*WHAT IS BEING ASKED*
Filter the entries below, keeping only lines with "broker".
== GIVEN DATA ==
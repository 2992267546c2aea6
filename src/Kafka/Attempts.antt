-- ===== src/Kafka/Attempts.antt =====
-- The calls of `Publish` of pkg/kafka/producer.go that a service made, with what the broker answered.
use termino.Prelude.{◌≡◌, refl, ap, List, [], ◌∷◌, ◌++◌, Option, none, some}
use termino.Prelude.Text.{Text}

pub record Attempt : Type 0 where
  pub key : Text
  pub value : Text
  pub answer : Option Text

-- The messages that were asked to be published, the accepted and the refused ones.
abbrev pub asked : List Attempt → List (Text × Text)
asked [] = []
asked (a ∷ as') = (a.key, a.value) ∷ asked as'

-- What the broker answered to each.
abbrev pub answers : List Attempt → List (Option Text)
answers [] = []
answers (a ∷ as') = a.answer ∷ answers as'

abbrev pub cons_unless : {A : Type 0} → Option Text → A → List A → List A
cons_unless none x xs = x ∷ xs
cons_unless (some e) x xs = xs

-- Those of the elements whose answer was no error.
abbrev pub taken : {A : Type 0} → List (Option Text) → List A → List A
taken [] xs = []
taken (e ∷ es) [] = []
taken (e ∷ es) (x ∷ xs) = cons_unless e x (taken es xs)

-- The messages that the broker took.
abbrev pub published : List Attempt → List (Text × Text)
published [] = []
published (a ∷ as') = cons_unless a.answer (a.key, a.value) (published as')

pub asked-append : (xs ys : List Attempt) → asked (xs ++ ys) ≡ asked xs ++ asked ys
asked-append [] ys = refl
asked-append (a ∷ xs) ys = ap (◌∷◌ (a.key, a.value)) (asked-append xs ys)

pub published-taken : (as' : List Attempt) → published as' ≡ taken (answers as') (asked as')
published-taken [] = refl
published-taken (a ∷ as') = ap (cons_unless a.answer (a.key, a.value)) (published-taken as')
===
*OUTPUT OF THE TASK*
-- The calls of `Publish` of pkg/kafka/producer.go that a service made, with what the broker answered.
-- What the broker answered to each.
-- The messages that the broker took.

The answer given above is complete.